Mullins was more then €400,000 behind his rival heading into the final week of the season but made steady inroads into the deficit throughout the first three days of the Punchestown Festival, the tables finally turning on a day with added family significance. Wicklow Brave, Bacardys and Montalbano were all ridden to victory by Willie’s son Patrick, giving him a lead of €91,295 heading into the final day, the title confirmed with Bapaume’s win in the Champion Four Year Old Hurdle.

Despite the return of several horses that had been missing throughout the previous campaign, Mullins’ hold on the Irish champion trainers’ title would once again come under severe threat during the 2017/18 season.

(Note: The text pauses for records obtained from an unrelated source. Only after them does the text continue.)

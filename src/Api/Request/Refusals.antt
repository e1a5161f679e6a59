-- ===== src/Api/Request/Refusals.antt =====
-- The turns that `handleMessages` of internal/api/server.go refuses.
use perplexity_proxy_go.Prelude.{ℕ, suc, ◌+◌, ◌≡◌, List, [], ◌∷◌, String, arith}
use perplexity_proxy_go.Json.{Value, str, obj, end, field, Values, nil, cons}

abbrev add_zero : (i : ℕ) → i + 0 ≡ i
add_zero i = omega arith

abbrev suc_shift : (i n : ℕ) → suc i + n ≡ i + suc n
suc_shift i n = omega arith

abbrev pub text_block : String → String → Value
text_block type text = obj (field "type" (str type) (field "text" (str text) end))

-- blocks of text, and then one more block
abbrev pub blocks_then : List String → Value → Values
blocks_then [] v = cons v nil
blocks_then (t ∷ ts) v = cons (text_block "text" t) (blocks_then ts v)
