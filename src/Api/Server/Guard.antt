-- ===== src/Api/Server/Guard.antt =====
-- Requests that the server refuses.
use perplexity_proxy_go.Prelude.{ℕ, Bool, ◌≡◌, ◌≢◌, refl, String, Bool-cases, inl, inr}
use perplexity_proxy_go.Errors.{Result}
use perplexity_proxy_go.Spec.Decode.{Spec}
use perplexity_proxy_go.Transport.Client.{Client, Host}
use perplexity_proxy_go.Pplx.Bridge.{Bridge}
use perplexity_proxy_go.Api.Request.{HttpRequest, is_authorized, read_request}
use perplexity_proxy_go.Api.Request.Turns.{Presents, is_authorized_iff}
use perplexity_proxy_go.Api.Events.{write_error}
use perplexity_proxy_go.Api.Server.{Server, handle_messages}

module _ {W : Type 0} (host : Host) (clients : ℕ → Client W) (bridge : Bridge W)
    (factory : W → Result (ℕ × Spec) × W) (api_key : String) where
  -- A POST that does not present the server's key, where it has one, is answered with a 401 and
  -- changes nothing: no conversation is made, and neither the factory nor a transport is called.
  pub handle_messages-unauthorized :
      (flushes : Bool) (r : HttpRequest) (s : Server W)
      → api_key ≢ ""
      → ¬ Presents api_key r
      → r.method ≡ "POST"
      → handle_messages host clients bridge factory api_key flushes r s
        ≡ (write_error 401 "authentication_error" "missing or invalid API key", s)
  unfolding handle_messages read_request
  handle_messages-unauthorized flushes r s keyed stranger post =
      elim (Bool-cases (is_authorized api_key r)) [
        | inl known ↦ absurd (stranger ((is_authorized_iff api_key r keyed).0 known))
        | inr unknown ↦ rw (unknown, post) refl
      ]
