-- ===== src/Cli.antt =====
-- cmd/pplx.
pub mod Print
pub mod Space
pub mod Shell
pub mod Commands
pub mod Show
pub mod Check
pub mod Bridge
pub mod Sync
pub mod Main
pub mod Probes
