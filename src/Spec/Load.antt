-- ===== src/Spec/Load.antt =====
-- `Load` of internal/spec/spec.go: the embedded spec, then the overrides file, then the environment.
pub mod Precedence
use perplexity_proxy_go.Prelude.{
  List, [], ◌∷◌, ◌≡◌, Option, none, some, String, Bytes, ◌⧺◌, ◌==◌, if◌then◌else◌,
}
use perplexity_proxy_go.Errors.{Failure, wrapped, Result, ok, err, ◌>>=◌}
use perplexity_proxy_go.Act.{wrap_result}
use perplexity_proxy_go.Json.{
  Value, Fields, end, field, Codec, at, to_str_pointer, to_struct, to_document,
}
use perplexity_proxy_go.Spec.Endpoints.{Endpoints, set}
use perplexity_proxy_go.Spec.Decode.{Spec, parse_embedded}

-- `os.Getenv`
abbrev pub Env : Type 0
Env = String → String

-- `os.ReadFile`
pub data FileRead : Type 0 where
  missing : FileRead
  unreadable : Failure → FileRead
  content : Bytes → FileRead

-- the anonymous struct of `applyFileOverrides`
pub record Overrides : Type 0 where
  pub base_url : Option String
  pub api_version : Option String
  pub session_cookie_name : Option String
  pub endpoints : List (String × Option String)

unfoldable pub decode_paths : Fields → Result (List (String × Option String))
decode_paths end = ok []
decode_paths (field key v fs) = do
  path ← to_str_pointer (some v)
  paths ← decode_paths fs
  ok ((key, path) ∷ paths)

unfoldable pub decode_overrides : Option Value → Result Overrides
unfolding decode_paths
decode_overrides doc = do
  fs ← to_document doc
  base_url ← to_str_pointer (at "base_url" fs)
  api_version ← to_str_pointer (at "api_version" fs)
  cookie ← to_str_pointer (at "session_cookie_name" fs)
  es ← to_struct (at "endpoints" fs)
  paths ← decode_paths es
  ok (record {
    base_url = base_url;
    api_version = api_version;
    session_cookie_name = cookie;
    endpoints = paths;
  })

abbrev pub override : Option String → String → String
override none old = old
override (some v) old = v

set_path : String → Option String → Endpoints → Endpoints
set_path key none e = e
set_path key (some path) e = set key path e

-- `for key, val := range ov.Endpoints`
unfoldable pub set_paths : List (String × Option String) → Endpoints → Endpoints
unfolding set_path
set_paths [] e = e
set_paths ((key, path) ∷ paths) e = set_paths paths (set_path key path e)

abbrev pub patch : Overrides → Spec → Spec
patch ov s = record s {
  base_url = override ov.base_url s.base_url;
  api_version = override ov.api_version s.api_version;
  session_cookie_name = override ov.session_cookie_name s.session_cookie_name;
  endpoints = set_paths ov.endpoints s.endpoints;
}

-- `applyFileOverrides`, with the path of the file for its error texts
unfoldable pub apply_file_overrides : Codec → String → FileRead → Spec → Result Spec
apply_file_overrides codec path missing s = ok s
apply_file_overrides codec path (unreadable e) s = err (wrapped "read spec overrides: " e "")
apply_file_overrides codec path (content bs) s = do
  ov ←
      wrap_result (decode_overrides (codec.parse bs))
        (λ e. wrapped ("parse spec overrides " ⧺ path ⧺ ": ") e "")
  ok (patch ov s)

-- `if v := os.Getenv(…); v != "" { … = v }`
abbrev pub env_or : String → String → String
env_or v old = if v == "" then old else v

-- `applyEnvOverrides`
unfoldable pub apply_env_overrides : Env → Spec → Spec
apply_env_overrides env s = record s {
  base_url = env_or (env "PPLX_BASE_URL") s.base_url;
  api_version = env_or (env "PPLX_API_VERSION") s.api_version;
  session_cookie_name = env_or (env "PPLX_SESSION_COOKIE_NAME") s.session_cookie_name;
  endpoints = record s.endpoints { ask = env_or (env "PPLX_ENDPOINT_ASK") s.endpoints.ask };
}

-- `Load`
unfoldable pub load : Codec → Bytes → String → FileRead → Env → Result Spec
load codec embedded path file env = do
  s ← parse_embedded codec embedded
  s' ← apply_file_overrides codec path file s
  ok (apply_env_overrides env s')
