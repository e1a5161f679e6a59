-- ===== src/Pplx/Token.antt =====
-- internal/pplx/token.go: the stored session token. Times are counts of nanoseconds, which the
-- parameter `Disk` prints and reads the way package time does.
pub mod Storage
use perplexity_proxy_go.Prelude.{
  ℕ, ◌+◌, Bool, true, false, ◌&&◌, not, List, [], ◌∷◌, Option, none, some, String, Bytes, ◌==◌, ◌⧺◌,
  ltb, if◌then◌else◌,
}
use perplexity_proxy_go.Errors.{
  Failure, plain, wrapped, sentinel, no_token, token_expired, Result, ok, err, ◌>>=◌,
}
use perplexity_proxy_go.Json.{
  Value, null, str, obj, Codec, Fields, end, field, at, bad_json, to_str, to_document,
}
use perplexity_proxy_go.Transport.Client.{Host}
use perplexity_proxy_go.Spec.Load.{FileRead, content, missing, unreadable}

pub record Token : Type 0 where
  pub value : String
  pub obtained_at : ℕ
  pub expires_at : ℕ

-- `DefaultTokenTTL`, in nanoseconds
abbrev pub default_token_ttl : ℕ
default_token_ttl = 2592000000000000

-- `Token.Fresh`, of a token that is not nil
unfoldable pub fresh : Token → ℕ → Bool
fresh t now = not (t.value == "") && ltb now t.expires_at

-- os, package time and `json.MarshalIndent`
pub record Disk (W : Type 0) : Type 0 where
  pub clock : W → ℕ
  pub make_parent : String → W → Option Failure × W
  pub write : String → Bytes → W → Option Failure × W
  pub read : String → W → FileRead
  pub parse : Bytes → Option Value
  pub print : Value → Bytes
  pub print_time : ℕ → String
  pub parse_time : String → Option ℕ
  -- the zero time
  pub no_time : ℕ

-- `DefaultTokenPath`: the error of `os.UserHomeDir` is `none`
unfoldable pub default_token_path : Host → Option String
default_token_path host =
    if not (host.env "PPLX_TOKEN_PATH" == "")
    then some (host.env "PPLX_TOKEN_PATH")
    else elim host.home [
      | none ↦ none
      | some home ↦ some (host.join_path (home ∷ ".pplx" ∷ "token.json" ∷ []))
    ]

module _ {W : Type 0} (disk : Disk W) (path : String) where
  abbrev pub token_json : Token → Value
  token_json t = obj (
      field "token" (str t.value) (
        field "obtained_at" (str (disk.print_time t.obtained_at))
          (field "expires_at" (str (disk.print_time t.expires_at)) end)))

  abbrev pub written : Token → Option Failure × W → Result Token × W
  written t (some e, w) = (err (wrapped "write token: " e ""), w)
  written t (none, w) = (ok t, w)

  abbrev pub made : Token → Option Failure × W → Result Token × W
  made t (some e, w) = (err (wrapped "create token dir: " e ""), w)
  made t (none, w) = written t (disk.write path (disk.print (token_json t)) w)

  abbrev pub new_token : String → ℕ → W → Token
  new_token value ttl w = record {
    value = value;
    obtained_at = disk.clock w;
    expires_at = disk.clock w + ttl;
  }

  -- `Save`
  unfoldable pub save : String → ℕ → W → Result Token × W
  save value ttl w =
      if value == ""
      then (err (plain "refusing to save empty token"), w)
      else made (new_token value ttl w) (disk.make_parent path w)

  abbrev time_or_error : Option ℕ → Result ℕ
  time_or_error none = err bad_json
  time_or_error (some t) = ok t

  abbrev to_time : Option Value → Result ℕ
  to_time none = ok disk.no_time
  to_time (some null) = ok disk.no_time
  to_time (some (str s)) = time_or_error (disk.parse_time s)
  to_time (some _) = err bad_json

  unfoldable pub decode_token : Option Value → Result Token
  decode_token doc = do
    fs ← to_document doc
    value ← to_str (at "token" fs)
    obtained ← to_time (at "obtained_at" fs)
    expires ← to_time (at "expires_at" fs)
    ok (record { value = value; obtained_at = obtained; expires_at = expires })

  abbrev pub checked : ℕ → Result Token → Result Token
  checked now (err e) = err (wrapped ("parse token " ⧺ path ⧺ ": ") e "")
  checked now (ok t) =
      if t.value == ""
      then err (sentinel no_token)
      else if not (fresh t now)
      then err (sentinel token_expired)
      else ok t

  abbrev pub read_back : ℕ → FileRead → Result Token
  read_back now missing = err (sentinel no_token)
  read_back now (unreadable e) = err (wrapped "read token: " e "")
  read_back now (content bs) = checked now (decode_token (disk.parse bs))

  -- `Load`
  unfoldable pub load : W → Result Token
  load w = read_back (disk.clock w) (disk.read path w)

Formerly with Sandra Hughes, Total Recall made an immediate impact when landing a hefty gamble in the Munster National and would win valuable races on his next two starts for Mullins, including the Ladbrokes Trophy at Newbury. Mullins was responsible for seven of the 15 winners at the inaugural Dublin Racing Festival held at Leopardstown on the first weekend in February, and had the same number of winners at the Cheltenham Festival, but was still one short of that achieved by his now great rival Gordon Elliott.

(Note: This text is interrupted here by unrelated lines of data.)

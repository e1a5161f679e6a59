-- ===== src/Pplx/Usage.antt =====
-- internal/pplx/usage.go: `SourceLimit`, `RateLimits` and `Usage`. The order in which Go ranges
-- over a map is a parameter.
use perplexity_proxy_go.Prelude.{ℤ, Bool, true, false, List, [], ◌∷◌, Option, none, some, String}
use perplexity_proxy_go.Errors.{wrapped, Result, ok, ◌>>=◌}
use perplexity_proxy_go.Act.{wrap_result}
use perplexity_proxy_go.Json.{Value, Fields, end, field, at, to_struct, to_int, to_int_pointer}
use perplexity_proxy_go.Spec.Decode.{Spec}
use perplexity_proxy_go.Transport.Client.{Client}

pub record SourceLimit : Type 0 where
  pub source_id : String
  pub monthly_limit : Option ℤ
  pub remaining : Option ℤ

-- `SourceLimit.Unlimited`
abbrev pub unlimited : SourceLimit → Bool
unlimited s = elim s.monthly_limit [ none ↦ true | some n ↦ false ]

-- `RateLimits`, without `ModelSpecificLimits`, which nothing reads
pub record RateLimits : Type 0 where
  pub remaining_pro : ℤ
  pub remaining_research : ℤ
  pub remaining_labs : ℤ
  pub remaining_agentic_research : ℤ
  pub source_limits : List SourceLimit

decode_limit : String → Value → Result SourceLimit
decode_limit id v = do
  fs ← to_struct (some v)
  monthly ← to_int_pointer (at "monthly_limit" fs)
  remaining ← to_int_pointer (at "remaining" fs)
  ok (record { source_id = id; monthly_limit = monthly; remaining = remaining })

-- the members of `source_to_limit`
unfoldable pub decode_limits : Fields → Result (List SourceLimit)
unfolding decode_limit
decode_limits end = ok []
decode_limits (field id v fs) = do l ← decode_limit id v; ls ← decode_limits fs; ok (l ∷ ls)

-- the struct `raw` of `Usage`, and the assignments to `out`
unfoldable pub decode_usage : (List SourceLimit → List SourceLimit) → Value → Result RateLimits
unfolding decode_limits
decode_usage order v = do
  fs ← to_struct (some v)
  pro ← to_int (at "remaining_pro" fs)
  research ← to_int (at "remaining_research" fs)
  labs ← to_int (at "remaining_labs" fs)
  agentic ← to_int (at "remaining_agentic_research" fs)
  _ ← to_struct (at "model_specific_limits" fs)
  sources ← to_struct (at "sources" fs)
  limits ← to_struct (at "source_to_limit" sources)
  ls ← decode_limits limits
  ok (record {
    remaining_pro = pro;
    remaining_research = research;
    remaining_labs = labs;
    remaining_agentic_research = agentic;
    source_limits = order ls;
  })

module _ {W : Type 0} (order : List SourceLimit → List SourceLimit) (client : Client W) where
  abbrev used : Result Value × W → Result RateLimits × W
  used (r, w) = (wrap_result (r >>= decode_usage order) (λ e. wrapped "usage: " e ""), w)

  -- `Usage`
  unfoldable pub usage : Spec → W → Result RateLimits × W
  usage sp w = used (client.get_json sp.endpoints.rate_limits w)
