expire_order-due_example :
    (o : Order) × (get_order 3 dated ≡ some o)
    × (is_due 900 o ≡ true)
    × (get_order 3 expired.1
        ≡ some (record o { status = OrderStatus.expired; expired_at = some 900 }))
    × (expired.0.expired_quantity ≡ remaining o)
    × (expired.0.released_wallet_reservation_amount
        ≡ (if side_eq o.side buy then reserved_for o else 0))
    × (expired.0.released_position_reservation_quantity
        ≡ (if side_eq o.side buy then 0 else remaining o))
unfolding leagueos_backend.Prelude.find leagueos_backend.Prelude.select leagueos_backend.Prelude.any
    leagueos_backend.Prelude.option_eq leagueos_backend.Prelude.text_eq
    leagueos_backend.Prelude.take leagueos_backend.Prelude.total leagueos_backend.Prelude.insert_by
    leagueos_backend.Prelude.sort_by leagueos_backend.Wallets.Normalize.is_space
    leagueos_backend.Wallets.Normalize.drop_spaces leagueos_backend.Wallets.Normalize.strip
    leagueos_backend.Wallets.Normalize.upper leagueos_backend.Wallets.Normalize.is_alpha
    leagueos_backend.Wallets.Normalize.normalize_currency
    leagueos_backend.Wallets.Normalize.normalize_amount
    leagueos_backend.Wallets.Normalize.normalize_reference
    leagueos_backend.Wallets.Normalize.normalize_text
    leagueos_backend.Wallets.Transition.calculate_transition
    leagueos_backend.Wallets.Transition.credit_account
    leagueos_backend.Wallets.Transition.is_internal leagueos_backend.Wallets.Transition.is_credit
    leagueos_backend.Wallets.Transition.is_internal_entry
    leagueos_backend.Wallets.Transition.entry_type_eq leagueos_backend.Wallets.Transition.account_eq
    leagueos_backend.Wallets.Transition.entry_matches_operation
    leagueos_backend.Wallets.Execute.get_existing_entry
    leagueos_backend.Wallets.Execute.get_locked_wallet leagueos_backend.Wallets.Execute.get_wallet
    leagueos_backend.Wallets.Execute.same_context leagueos_backend.Wallets.Execute.replay_matches
    leagueos_backend.Wallets.Execute.require_matching_replay
    leagueos_backend.Wallets.Execute.replay_or leagueos_backend.Wallets.Execute.save_wallet
    leagueos_backend.Wallets.Execute.new_wallet leagueos_backend.Wallets.Execute.insert_wallet
    leagueos_backend.Wallets.Execute.obtain_wallet leagueos_backend.Wallets.Execute.clean_wallet
    leagueos_backend.Wallets.Execute.clean_entry leagueos_backend.Wallets.Execute.post
    leagueos_backend.Wallets.Execute.after_lock leagueos_backend.Wallets.Execute.perform
    leagueos_backend.Wallets.Service.execute leagueos_backend.Wallets.Service.credit
    leagueos_backend.Wallets.Service.reserve leagueos_backend.Wallets.Service.release
    leagueos_backend.Wallets.Service.debit_available
    leagueos_backend.Wallets.Service.consume_reserved leagueos_backend.Wallets.History.atomic
    leagueos_backend.Wallets.History.run leagueos_backend.Wallets.History.run_all
    leagueos_backend.Markets.Money.half_up leagueos_backend.Markets.Money.ceiling
    leagueos_backend.Markets.Money.negate leagueos_backend.Markets.Money.half_up_signed
    leagueos_backend.Markets.Money.notional leagueos_backend.Markets.Money.calculate_fee
    leagueos_backend.Markets.Money.reservation
    leagueos_backend.Markets.Money.calculate_buy_commitment
    leagueos_backend.Markets.Orders.get_order leagueos_backend.Markets.Orders.get_outcome
    leagueos_backend.Markets.Orders.get_market leagueos_backend.Markets.Orders.save_order
    leagueos_backend.Markets.Orders.side_eq leagueos_backend.Markets.Orders.is_fillable_status
    leagueos_backend.Markets.Orders.is_gtd leagueos_backend.Markets.Orders.is_expired_status
    leagueos_backend.Markets.Orders.remaining leagueos_backend.Markets.Orders.previous_average
    leagueos_backend.Markets.Orders.apply_fill_to_order
    leagueos_backend.Markets.Orders.outcome_belongs leagueos_backend.Markets.Orders.is_price
    leagueos_backend.Markets.Orders.expiry_ok leagueos_backend.Markets.Orders.clean_order
    leagueos_backend.Markets.Orders.reserved_for leagueos_backend.Markets.Positions.get_position
    leagueos_backend.Markets.Positions.empty_position
    leagueos_backend.Markets.Positions.apply_buy_to_position
    leagueos_backend.Markets.Positions.released_cost
    leagueos_backend.Markets.Positions.apply_sell_to_position
    leagueos_backend.Markets.Positions.clean_position
    leagueos_backend.Markets.Positions.save_position
    leagueos_backend.Markets.Cancellation.order_request
    leagueos_backend.Markets.Cancellation.release_funds
    leagueos_backend.Markets.Cancellation.unreserve
    leagueos_backend.Markets.Cancellation.released_shares
    leagueos_backend.Markets.Cancellation.release_shares
    leagueos_backend.Markets.Cancellation.require_cancellable_order
    leagueos_backend.Markets.Cancellation.release_cancelled
    leagueos_backend.Markets.Cancellation.cancel_locked_order
    leagueos_backend.Markets.Cancellation.cancel_order leagueos_backend.Markets.Expiry.is_admin
    leagueos_backend.Markets.Expiry.is_empty leagueos_backend.Markets.Expiry.is_absent
    leagueos_backend.Markets.Expiry.validate_request
    leagueos_backend.Markets.Expiry.require_due_order
    leagueos_backend.Markets.Expiry.release_due_shares leagueos_backend.Markets.Expiry.expiry_audit
    leagueos_backend.Markets.Expiry.clean_audit leagueos_backend.Markets.Expiry.get_expiry
    leagueos_backend.Markets.Expiry.system_expiry leagueos_backend.Markets.Expiry.is_due
    leagueos_backend.Markets.Expiry.release_due leagueos_backend.Markets.Expiry.expire_locked_order
    leagueos_backend.Markets.Expiry.expire_order leagueos_backend.Markets.Expiry.expire_all
    leagueos_backend.Markets.Expiry.expiry_time leagueos_backend.Markets.Expiry.is_earlier
    leagueos_backend.Markets.Expiry.due_ids leagueos_backend.Markets.Expiry.expire_due_orders
    leagueos_backend.Markets.CloseCleanup.is_outstanding
    leagueos_backend.Markets.CloseCleanup.outstanding_orders
    leagueos_backend.Markets.CloseCleanup.count_cancellation
    leagueos_backend.Markets.CloseCleanup.cancellation_of
    leagueos_backend.Markets.CloseCleanup.cleanup_of
    leagueos_backend.Markets.CloseCleanup.store_cancellations
    leagueos_backend.Markets.CloseCleanup.cancel_all
    leagueos_backend.Markets.CloseCleanup.cleanup_locked_market
expire_order-due_example =
    expire_order-due derive_key 900 overdue dated expired.0 expired.1 order_expired refl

Heading into Punchestown Festival week, Mullins was even further behind than he was at the same stage 12 months earlier and suffered a blow on the opening day in a bizarre finale to the Champion Novice Chase. Al Boum Photo was in control when jockey Paul Townend inexplicably veered his mount sharply to the right approaching the final fence, crashing through the wing and inadvertedly taking out his closest rival Finian’s Oscar, leaving Elliott’s The Storyteller in front to run out a most fortunate winner. However, Mullins would steal the show on Wednesday, winning the final six races on the card, increasing further his newly-achieved advantage on the following day, an enterprisingly-ridden Faugheen rolling back the years to lead home a stable 1-2-3 in the Champion Stayers Hurdle. In what proved an astonishing turnaround, the title was in Mullins’ safe keeping by the Friday evening, a four-timer on the final day putting the seal on a remarkable week.

The summer of 2018 proved a fruitful one for Mullins, who picked up big pots in France (Bapaume won the Prix La Barka), on the level in Britain thanks to Stratum (JLT Cup) and Thomas Hobson (Doncaster Cup) and at home in both codes.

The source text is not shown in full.